History

United States
- Name: Irvin S. Cobb
- Namesake: Irvin S. Cobb
- Owner: War Shipping Administration (WSA)
- Operator: Seas Shipping Co., Inc.
- Ordered: as type (EC2-S-C1) hull, MC hull 2491
- Awarded: 23 April 1943
- Builder: St. Johns River Shipbuilding Company, Jacksonville, Florida
- Cost: $1,050,663
- Yard number: 55
- Way number: 1
- Laid down: 13 July 1944
- Launched: 22 August 1944
- Sponsored by: Ruth Alexander
- Completed: 31 August 1944
- Identification: Call sign: WSQQ; ;
- Fate: Laid up in the National Defense Reserve Fleet, Mobile, Alabama, 15 July 1949; Sold for scrapping, 6 July 1967, withdrawn from fleet, 18 July 1967;

General characteristics
- Class & type: Liberty ship; type EC2-S-C1, standard;
- Tonnage: 10,865 LT DWT; 7,176 GRT;
- Displacement: 3,380 long tons (3,434 t) (light); 14,245 long tons (14,474 t) (max);
- Length: 441 feet 6 inches (135 m) oa; 416 feet (127 m) pp; 427 feet (130 m) lwl;
- Beam: 57 feet (17 m)
- Draft: 27 ft 9.25 in (8.4646 m)
- Installed power: 2 × Oil fired 450 °F (232 °C) boilers, operating at 220 psi (1,500 kPa); 2,500 hp (1,900 kW);
- Propulsion: 1 × triple-expansion steam engine, (manufactured by General Machinery Corp., Hamilton, Ohio); 1 × screw propeller;
- Speed: 11.5 knots (21.3 km/h; 13.2 mph)
- Capacity: 562,608 cubic feet (15,931 m^{3}) (grain); 499,573 cubic feet (14,146 m^{3}) (bale);
- Complement: 38–62 USMM; 21–40 USNAG;
- Armament: Varied by ship; Bow-mounted 3-inch (76 mm)/50-caliber gun; Stern-mounted 4-inch (102 mm)/50-caliber gun; 2–8 × single 20-millimeter (0.79 in) Oerlikon anti-aircraft (AA) cannons and/or,; 2–8 × 37-millimeter (1.46 in) M1 AA guns;

= SS Irvin S. Cobb =

Liberty ship of WWII

SS Irvin S. Cobb was a Liberty ship built in the United States during World War II. She was named after Irvin S. Cobb, an American author, humorist, editor and columnist from Paducah, Kentucky.

==Construction==
Irvin S. Cobb was laid down on 13 July 1944, under a Maritime Commission (MARCOM) contract, MC hull 2491, by the St.
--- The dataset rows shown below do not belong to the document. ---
-- ===== src/Tests/Amounts.antt =====
-- The validation of amounts at the ends of the int64 range.
use go_ewallet_backend.Prelude.{◌≡◌, refl, arith}
use go_ewallet_backend.Prelude.Int.{pos, ◌+ℤ◌, ◌-ℤ◌}
use go_ewallet_backend.Prelude.Int64.{max_int64, add64, sub64, wrap}
use go_ewallet_backend.Runtime.{err, balance_overflow, insufficient_balance}
use go_ewallet_backend.Service.Amount.{validate_and_apply_top_up, validate_and_apply_transfer}
use go_ewallet_backend.Service.Amount.Exact.{
  exact_top_up, exact_transfer, validate_and_apply_top_up-exact, validate_and_apply_transfer-exact,
}

full_wallet : validate_and_apply_top_up max_int64 (pos 1) ≡ err balance_overflow
unfolding validate_and_apply_top_up add64 wrap ◌+ℤ◌
full_wallet = refl

too_poor : validate_and_apply_transfer (pos 10) (pos 0) max_int64 ≡ err insufficient_balance
unfolding validate_and_apply_transfer sub64 wrap ◌-ℤ◌
too_poor = refl

validate_and_apply_top_up-exact_example :
    validate_and_apply_top_up max_int64 (pos 1) ≡ exact_top_up max_int64 (pos 1)
validate_and_apply_top_up-exact_example =
    validate_and_apply_top_up-exact max_int64 (pos 1) (ground arith, ground arith)
      (ground arith, ground arith)

validate_and_apply_transfer-exact_example :
    validate_and_apply_transfer (pos 50000) max_int64 (pos 20000)
    ≡ exact_transfer (pos 50000) max_int64 (pos 20000)
validate_and_apply_transfer-exact_example =
    validate_and_apply_transfer-exact (pos 50000) max_int64 (pos 20000) (ground arith, ground arith)
      (ground arith, ground arith) (ground arith, ground arith)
Johns River Shipbuilding Company, Jacksonville, Florida; she was sponsored by Ruth Alexander, the wife of H.F. Alexander, and friend of the namesake, and was launched on 22 August 1944.

==History==
She was allocated to the Seas Shipping Co., Inc., on 31 August 1944. On 15 July 1949, she was laid up in the National Defense Reserve Fleet, Mobile, Alabama. She was sold for scrapping, 13 May 1970, to Union Minerals & Alloys, Corp., along with , for $90,260. She was removed from the fleet, 18 July 1967.